Brazilian Anti-DDoS Firm Compromised? The Irony of ISP Attacks
Just saw the writeup on Krebs regarding that Brazilian Anti-DDoS firm. Apparently, their infrastructure was allegedly weaponized to facilitate a massive botnet campaign against local ISPs. The CEO is claiming it was a breach by a competitor to tarnish their reputation, but honestly, that sounds like a deflection playbook.
Regardless of the intent (malicious insider or external breach), this highlights a massive risk in relying on third-party scrubbing centers. If the "clean" pipe becomes the attack vector, your internal monitoring might be too slow to react because you've whitelisted that traffic as "friendly protection."
From a detection standpoint, we should be treating scrubbing centers as untrusted zones. If you're peering with an MSP or DDoS provider, you need granular alerts on their egress traffic patterns. Here is a basic KQL query I use to hunt for anomalies in "trusted" high-volume sources:
let HighVolumeThreshold = 50000; // Adjust based on your baseline
let TrustedScrubbingCIDRs = dynamic(["192.0.2.0/24", "203.0.113.0/24"]); // Replace with your provider IPs
NetworkEvents
| where TimeGenerated > ago(4h)
| where IPv4Address in (TrustedScrubbingCIDRs)
| summarize PacketCount = sum(PacketsReceived), DistinctDestinations = dcount(DestinationIP) by SourceIP, bin(TimeGenerated, 15m)
| where PacketCount > HighVolumeThreshold or DistinctDestinations > 100
| order by PacketCount desc
Has anyone here implemented "Zero Trust" monitoring specifically for their DDoS mitigation providers? It feels like a blind spot in many architectures.
We actually stopped relying solely on cloud scrubbing last year. We moved to a hybrid model where we keep an inline appliance on-prem. If the cloud provider starts dumping garbage or gets compromised, we have a local rule to drop traffic from their GRE tunnel immediately. It's saved us twice when the provider had configuration errors, let alone a malicious attack.
The 'competitor did it' excuse is getting old.
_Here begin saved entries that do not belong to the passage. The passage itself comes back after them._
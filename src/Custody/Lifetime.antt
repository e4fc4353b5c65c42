-- ===== src/Custody/Lifetime.antt =====
-- Custody at the two ends of a task: when it is funded and when its vault is emptied.
use clustly_solana_escrow.Base.{ℕ, ◌*◌, ◌≤◌, ◌≡◌, ◌≢◌, sym, ap, ◌∙◌, none, some, arith}
use clustly_solana_escrow.Base.Dict.{lookup, erase, lookup-erase}
use clustly_solana_escrow.State.{
  Pubkey, EscrowConfig, EscrowTask, task_status, set_task_status, open_task, closed_task,
}
use clustly_solana_escrow.State.Status.{task_status-set}
use clustly_solana_escrow.Platform.{Ledger, Platform, balance_of}
use clustly_solana_escrow.Platform.Laws.{Laws, moved, opened, empty_token}
use clustly_solana_escrow.World.{
  World, Env, config_account, task_account, config_seeds, task_seeds, store,
}
use clustly_solana_escrow.Contract.Reasons.{IsOwned, ConfigAt, TaskAt}
use clustly_solana_escrow.Contract.Tasks.{Funded, Drained}
use clustly_solana_escrow.Custody.Spending.{
  Spends-then, transfer-Spends, VaultEmptied-keeps, create-Spends,
}
use clustly_solana_escrow.Custody.Defs.{unsettled, Covered, Custody, Covered-others}
use clustly_solana_escrow.Custody.Writes.{once-Custody}
use clustly_solana_escrow.System.{WalletsSign}

-- A new vault after the first transfer into it.
funded_vault :
    (l l1 l2 : Ledger) (from vault : Pubkey) (n : ℕ) (mint owner source : Pubkey)
    → l1 ≡ opened l vault (empty_token mint owner)
    → l2 ≡ moved l1 from vault n
    → IsOwned (l1 from) source
    → source ≢ owner
    → IsOwned (l2 vault) owner × (n ≤ balance_of (l2 vault))
funded_vault l l1 l2 from vault n mint owner source e1 e2 s ne = rw (e2, e1) (credited (rw e1 at s))
  where
    credited :
        IsOwned (opened l vault (empty_token mint owner) from) source
        → IsOwned (moved (opened l vault (empty_token mint owner)) from vault n vault) owner
          × (n ≤ balance_of (moved (opened l vault (empty_token mint owner)) from vault n vault))
    credited t = unfold moved opened in (ground arith, ground arith)

unused_config :
    (w : World) (k : Pubkey) (d : EscrowConfig) → lookup k w.accounts ≡ none → ConfigAt w k d → ⊥
unused_config w k d u h = ground arith

not_wallet :
    (w : World) (k : Pubkey) (t : EscrowTask) (j : Pubkey)
    → TaskAt w k t
    → lookup j w.accounts ≡ none
    → k ≢ j
not_wallet w k t j h n same = ground arith

other_kind :
    (w : World) (k : Pubkey) (t : EscrowTask) (d : EscrowConfig) → TaskAt w k t → ConfigAt w k d → ⊥
other_kind w k t d h g = ground arith

task_case : (t u : EscrowTask) → task_account u ≡ task_account t → t ≡ u
task_case t u h = ground arith

module _ {p : Platform} (laws : Laws p) (mint : Pubkey) where
  Funded-Covered :
      {env : Env} {w w' : World} (m : Funded p env w w')
      → m.config.usdc_mint ≡ mint
      → m.task.poster ≢ m.task_key
      → Covered p mint m.ledger m.task_key m.task
  Funded-Covered {w = w} m pin ne =
      let n : ℕ = m.task.bounty * m.task.max_slots in
      let e1 =
        (laws.create_sound w.ledger m.task_key m.config.usdc_mint m.opened_ledger
          m.vault_opened).1 in
      let e2 =
        (laws.transfer_sound m.opened_ledger m.poster_ata m.vault m.task.poster n m.ledger
          m.transferred).1 in
      let at : p.associated_token m.task_key mint ≡ m.vault =
        ap (p.associated_token m.task_key) (sym pin) ∙ m.vault_at in
      let (owned, enough) =
        funded_vault w.ledger m.opened_ledger m.ledger m.poster_ata m.vault n m.config.usdc_mint
          m.task_key m.task.poster (rw m.vault_at at e1) e2 m.poster_owned ne in
      let due : unsettled m.task ≡ m.task.max_slots = omega (arith, m.fresh) in
      rw (at, due) (owned, enough)

  pub Funded-Custody :
      {env : Env} {w w' : World}
      → WalletsSign p env w
      → Custody p mint w
      → Funded p env w w'
      → Custody p mint w'
  Funded-Custody {w} sign c m =
      let poster_key = m.task.poster in
      let wallet = sign poster_key m.signed in
      let s1 =
        create-Spends laws w.ledger m.task_key m.config.usdc_mint m.opened_ledger poster_key
          m.vault_opened in
      let s2 =
        transfer-Spends laws m.opened_ledger m.poster_ata m.vault poster_key
          (m.task.bounty * m.task.max_slots) m.ledger poster_key m.poster_owned m.transferred in
      let covered =
        Funded-Covered m (c.pinned m.config_key m.config m.config_at)
          (λ e. wallet.underived (task_seeds m.task.task_id) (m.derived ∙ sym e)) in
      rw m.written (
        once-Custody p mint w m.task_key (task_account m.task) m.ledger poster_key c
          (λ d h. absurd (unused_config w m.task_key d m.unused h)) (λ d h. cc)
          (Spends-then s1 s2).keeps (λ k t h ne. not_wallet w k t poster_key h wallet.no_account)
          (λ t h op. rw (← task_case m.task t h) covered))

  pub Drained_closed-Custody :
      {env : Env} {w : World}
      → Custody p mint w
      → (d : Drained p env w)
      → Custody p mint (
          store d.task_key
            (task_account (set_task_status closed_task d.task))
            (record w { ledger = d.ledger }))
  Drained_closed-Custody {w} c d =
      once-Custody p mint w d.task_key (task_account (set_task_status closed_task d.task)) d.ledger
        d.task_key c (λ x h. absurd (other_kind w d.task_key d.task x d.task_at h)) (λ x h. cc)
        (VaultEmptied-keeps laws w.ledger d.task_key d.vault d.poster_ata d.ledger d.vault_owned
          d.emptied)
        (λ k t h ne. ne) (λ t h op. closed_not_open d.task t h op)
    where
      closed_not_open :
          (t u : EscrowTask) {A : Type 0}
          → task_account u ≡ task_account (set_task_status closed_task t)
          → task_status u ≡ open_task
          → A
      closed_not_open t u h op =
          ground
            (arith, task_case (set_task_status closed_task t) u h, task_status-set closed_task t)

  pub Drained_withdrawn-Custody :
      {env : Env} {w : World}
      → Custody p mint w
      → (d : Drained p env w)
      → Custody p mint (record w { accounts = erase d.task_key w.accounts; ledger = d.ledger })
  Drained_withdrawn-Custody {w} c d = record {
    configured =
        let (x, there) = c.configured in
        (x, config_stays x (p.find_program_address config_seeds).0 there);
    pinned = λ k x h. ground (arith, c.pinned k x, lookup-erase d.task_key k w.accounts);
    covered = λ k t h op.
        let (old, ne) = erased k t h in
        Covered-others p mint d.task_key k t w.ledger d.ledger
          (VaultEmptied-keeps laws w.ledger d.task_key d.vault d.poster_ata d.ledger d.vault_owned
            d.emptied)
          ne (c.covered k t old op);
  }
    where
      config_stays :
          (x : EscrowConfig) (k : Pubkey)
          → ConfigAt w k x
          → lookup k (erase d.task_key w.accounts) ≡ some (config_account x)
      config_stays x k h =
          ground (arith, lookup-erase d.task_key k w.accounts, other_kind w k d.task x)

      erased :
          (k : Pubkey) (t : EscrowTask)
          → lookup k (erase d.task_key w.accounts) ≡ some (task_account t)
          → TaskAt w k t × (k ≢ d.task_key)
      erased k t h = ground (arith, lookup-erase d.task_key k w.accounts)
Even if true, it shows a lack of internal segmentation. If a competitor can breach your network and use your customers' bandwidth for attacks, your own security posture is non-existent. It’s like hiring a bodyguard who leaves their gun on the table for the bad guys to find.
Good post. For those running Linux edge routers, you can add a simple tc (traffic control) filter to police traffic coming from your scrubbing center. This prevents a 'pipe burst' from taking down your link even if the provider fails.
tc qdisc add dev eth0 root handle 1: htb default 10
tc class add dev eth0 parent 1: classid 1:1 htb rate 10gbit
tc class add dev eth0 parent 1:1 classid 1:10 htb rate 9gbit ceil 10gbit prio 0
# Police traffic from scrubber IP
tc filter add dev eth0 protocol ip parent 1:0 prio 1 u32 match ip src 192.0.2.0/24 police rate 8gbit burst 10m drop flowid :1
Just remember to swap the IP ranges.
Visibility is just as critical as filtering. We deployed an independent ntopng instance to monitor the 'sanitized' traffic specifically looking for anomalies like high entropy or unusual port usage that the scrubber might miss or maliciously introduce.
# Quick check for top talking IPs post-scrubber
nfdump -r /var/log/nfcapd/current -o "fmt:%ts %sa %da %pr %byt" | sort -k4 -rn | head -n 20
This creates a sanity check layer, ensuring the 'clean' pipe is actually delivering what was promised.
This reinforces the necessity of strict egress filtering. Even if your scrubber sends malicious traffic, your perimeter should be configured to drop invalid outbound packets. This prevents your infrastructure from being weaponized if the trusted pipe is compromised.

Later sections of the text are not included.